UK equities traded largely unchanged on Monday after Prime Minister Keir Starmer announced his resignation, setting in motion a contest to choose a new Labour leader, while investors remained focused on developments in U.S.-Iran negotiations and their implications for global markets.
The FTSE 100 slipped 0.03% by 08:47 GMT, while Germany’s DAX declined 0.27% and France’s CAC 40 eased 0.42%. Sterling weakened 0.25% against the U.S. dollar to 1.3201.
Starmer Announces Resignation
Keir Starmer confirmed he would step down as both Prime Minister and Labour Party leader, stating that he had informed the King of his decision and requested that Labour’s National Executive Committee begin the process of selecting a successor. Nominations for the leadership contest are expected to open on 9 July.
Speaking outside Downing Street, Starmer defended his time in office, highlighting what he described as the fastest reduction in NHS waiting lists in 17 years and the largest improvement in workers’ and renters’ rights “in a generation.”
Attention has quickly turned to Greater Manchester Mayor Andy Burnham, who is widely regarded as the leading candidate to succeed Starmer following his strong performance in the recent Makerfield by-election.
Investors Focus on Iran Talks Rather Than UK Politics
Despite the political developments, market reaction remained limited as investors continued to place greater emphasis on international developments, particularly negotiations between the United States and Iran.
According to Andreas Lipkow, chief market analyst at CMC Markets, investors were “continuing to place greater weight on developments in US-Iran negotiations than on domestic political noise. That suggests markets remain primarily focused on the outlook for energy prices and global risk sentiment rather than near-term uncertainty in Westminster.”
Diplomatic efforts involving mediators from Qatar and Pakistan reportedly made progress, including the establishment of a new High-Level Committee and a dedicated communication channel aimed at ensuring safe navigation through the Strait of Hormuz.

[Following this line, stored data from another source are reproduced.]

-- ===== src/Redact/Message/Typing.antt =====
-- redact/redactor.go: that ApplyWith keeps the types of a message's fields.
use kratos_kit.Base.{◌≡◌, String, ◌<>◌, ◌&&◌, not, Option, none, some}
use kratos_kit.Redact.Context.{Context, PolicyResolver}
use kratos_kit.Redact.Message.{
  FieldDescriptor, Message, Fields, Content, Messages, message, no_more, field, scalar, no_message,
  submessage, values, map_values, messages, map_messages, none_left, at_key, Generated,
  apply_dynamic, value_with, with_tenant, apply_resolved, apply_fields, apply_content,
  apply_messages, sanitize_value, sanitize_message, sanitize_fields, sanitize_content,
  sanitize_messages, apply_redactor, apply_with,
}
use kratos_kit.Redact.Message.Kinds.{
  IsTyped, AreTyped, HasKind, AllTyped, choice-HasKind, choice-AreTyped, or_generated-IsTyped,
  values_with-AreOfKind, map_values_with-HoldKind, sanitize_values-AreOfKind, sanitize_map-HoldKind,
  converted-IsOfKind, sanitize_value-IsOfKind,
}

module _ (g : Generated) (r : PolicyResolver)
    (typed : (ctx : Context) (m m' : Message)
      → g.redact_with ctx r m ≡ some m'
      → IsTyped m
      → IsTyped m') where
  mutual
    unfolding apply_resolved IsTyped

    apply_resolved-IsTyped :
        (ctx : Context) (m : Message) → IsTyped m → IsTyped (apply_resolved g r ctx m)
    apply_resolved-IsTyped ctx (message name valid fs) t =
        or_generated-IsTyped (g.redact_with ctx r (message name valid fs)) _
          (λ m' e. typed ctx (message name valid fs) m' e t)
          (choice-AreTyped valid (apply_fields g r (with_tenant ctx fs) name fs) fs
            (apply_fields-AreTyped (with_tenant ctx fs) name fs t) t)

    apply_fields-AreTyped :
        (ctx : Context) (name : String) (fs : Fields)
        → AreTyped fs
        → AreTyped (apply_fields g r ctx name fs)
    apply_fields-AreTyped ctx name no_more t = tt
    apply_fields-AreTyped ctx name (field d c fs) (t, ts) = (
      apply_content-HasKind ctx (name <> ("." <> d.name)) d c t,
      apply_fields-AreTyped ctx name fs ts,
    )

    apply_content-HasKind :
        (ctx : Context) (ref : String) (d : FieldDescriptor) (c : Content)
        → HasKind d.kind c
        → HasKind d.kind (apply_content g r ctx ref d c)
    apply_content-HasKind ctx ref d (scalar set v) t =
        choice-HasKind (d.has_presence && not set) d.kind (scalar set v)
          (scalar set (value_with ctx r ref d.kind v)) t
          (converted-IsOfKind d.kind v (apply_dynamic ctx r ref v) t)
    apply_content-HasKind ctx ref d no_message t = tt
    apply_content-HasKind ctx ref d (submessage m) t = apply_resolved-IsTyped ctx m t
    apply_content-HasKind ctx ref d (values vs) t = values_with-AreOfKind ctx r ref d.kind vs t
    apply_content-HasKind ctx ref d (map_values vs) t =
        map_values_with-HoldKind ctx r ref d.kind vs t
    apply_content-HasKind ctx ref d (messages ms) t = apply_messages-AllTyped ctx ms t
    apply_content-HasKind ctx ref d (map_messages ms) t = apply_messages-AllTyped ctx ms t

    apply_messages-AllTyped :
        (ctx : Context) (ms : Messages) → AllTyped ms → AllTyped (apply_messages g r ctx ms)
    apply_messages-AllTyped ctx none_left t = tt
    apply_messages-AllTyped ctx (at_key k m ms) (t, ts) =
        (apply_resolved-IsTyped ctx m t, apply_messages-AllTyped ctx ms ts)

module _ (g : Generated) where
  mutual
    unfolding sanitize_message IsTyped

    sanitize_message-IsTyped : (m : Message) → IsTyped m → IsTyped (sanitize_message g m)
    sanitize_message-IsTyped (message name valid fs) t =
        choice-AreTyped valid (sanitize_fields g fs) fs (sanitize_fields-AreTyped fs t) t

    sanitize_fields-AreTyped : (fs : Fields) → AreTyped fs → AreTyped (sanitize_fields g fs)
    sanitize_fields-AreTyped no_more t = tt
    sanitize_fields-AreTyped (field d c fs) (t, ts) =
        (sanitize_content-HasKind d c t, sanitize_fields-AreTyped fs ts)

    sanitize_content-HasKind :
        (d : FieldDescriptor) (c : Content)
        → HasKind d.kind c
        → HasKind d.kind (sanitize_content g d c)
    sanitize_content-HasKind d (scalar set v) t =
        choice-HasKind (d.has_presence && not set) d.kind (scalar set v)
          (scalar set (sanitize_value g d.kind v)) t (sanitize_value-IsOfKind g d.kind v t)
    sanitize_content-HasKind d no_message t = tt
    sanitize_content-HasKind d (submessage m) t = sanitize_message-IsTyped m t
    sanitize_content-HasKind d (values vs) t = sanitize_values-AreOfKind g d.kind vs t
    sanitize_content-HasKind d (map_values vs) t = sanitize_map-HoldKind g d.kind vs t
    sanitize_content-HasKind d (messages ms) t = sanitize_messages-AllTyped ms t
    sanitize_content-HasKind d (map_messages ms) t = sanitize_messages-AllTyped ms t

    sanitize_messages-AllTyped : (ms : Messages) → AllTyped ms → AllTyped (sanitize_messages g ms)
    sanitize_messages-AllTyped none_left t = tt
    sanitize_messages-AllTyped (at_key k m ms) (t, ts) =
        (sanitize_message-IsTyped m t, sanitize_messages-AllTyped ms ts)

-- ApplyWith keeps every scalar of its field's type, in the message and in the messages in it, whatever the
-- resolver is and the policies make of a value, when the code generated for messages does.
pub apply_with-IsTyped :
    (g : Generated) (ctx : Context) (explicit of_context : Option PolicyResolver) (m : Message)
    → ((r : PolicyResolver) (ctx : Context) (m m' : Message)
        → g.redact_with ctx r m ≡ some m'
        → IsTyped m
        → IsTyped m')
    → ((m m' : Message) → g.redact m ≡ some m' → IsTyped m → IsTyped m')
    → IsTyped m
    → IsTyped (apply_with g ctx explicit of_context m)
unfolding apply_with
apply_with-IsTyped g ctx (some r) c m typed redacted t =
    apply_resolved-IsTyped g r (typed r) ctx m t
apply_with-IsTyped g ctx none (some r) m typed redacted t =
    apply_resolved-IsTyped g r (typed r) ctx m t
apply_with-IsTyped g ctx none none m typed redacted t =
    sanitize_message-IsTyped g (apply_redactor g m)
      (or_generated-IsTyped (g.redact m) m (λ m' e. redacted m m' e t) t)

Although comments from U.S. President Donald Trump briefly disrupted discussions over the weekend, negotiations subsequently resumed. Analysts at Jefferies said they remain “optimistic that a deal will be reached,” even if the current 60-day truce period needs to be extended.
Oil Falls as Hormuz Concerns Ease
Oil prices moved lower as hopes for uninterrupted shipping through the Strait of Hormuz reduced geopolitical risk premiums.
WTI crude declined 0.70% to $75.32 per barrel, while Brent crude fell 1.64% to $78.72 per barrel.
Jefferies noted that as long as oil remains around the $75 level, “risk sentiment should remain well-supported,” adding that it has increased exposure to risk assets on expectations that the truce will continue.
Gold moved in the opposite direction, with investors continuing to seek exposure to safe-haven assets. Spot gold rose 0.80% to $4,193.38 an ounce, while gold futures advanced 0.92% to $4,217.82.
UK Corporate Round-Up
easyJet Rejects Third Takeover Proposal
easyJet (LSE:EZJ) rejected a third takeover approach from U.S. investment firm Castlelake, which valued the airline at 625 pence per share. The board concluded that the proposal did not adequately reflect the company’s value and future prospects.
Ocado Addresses Succession Speculation
Ocado Group (LSE:OCDO) confirmed that chief executive Tim Steiner and the board continue to undertake long-term succession planning and engage with potential candidates. The statement followed a media report suggesting that Vonage chief executive Niklas Heuveldop had been approached regarding the role.
Babcock Reports Profit Impact From Type 31 Charge
Babcock International (LSE:BAB) reported that annual underlying operating profit fell 19% to £293.3 million after the company recorded a £140 million charge related to its Type 31 frigate programme for the Royal Navy. Despite the impact, management maintained confidence in the group’s longer-term outlook, supported by strong demand across defence and nuclear markets.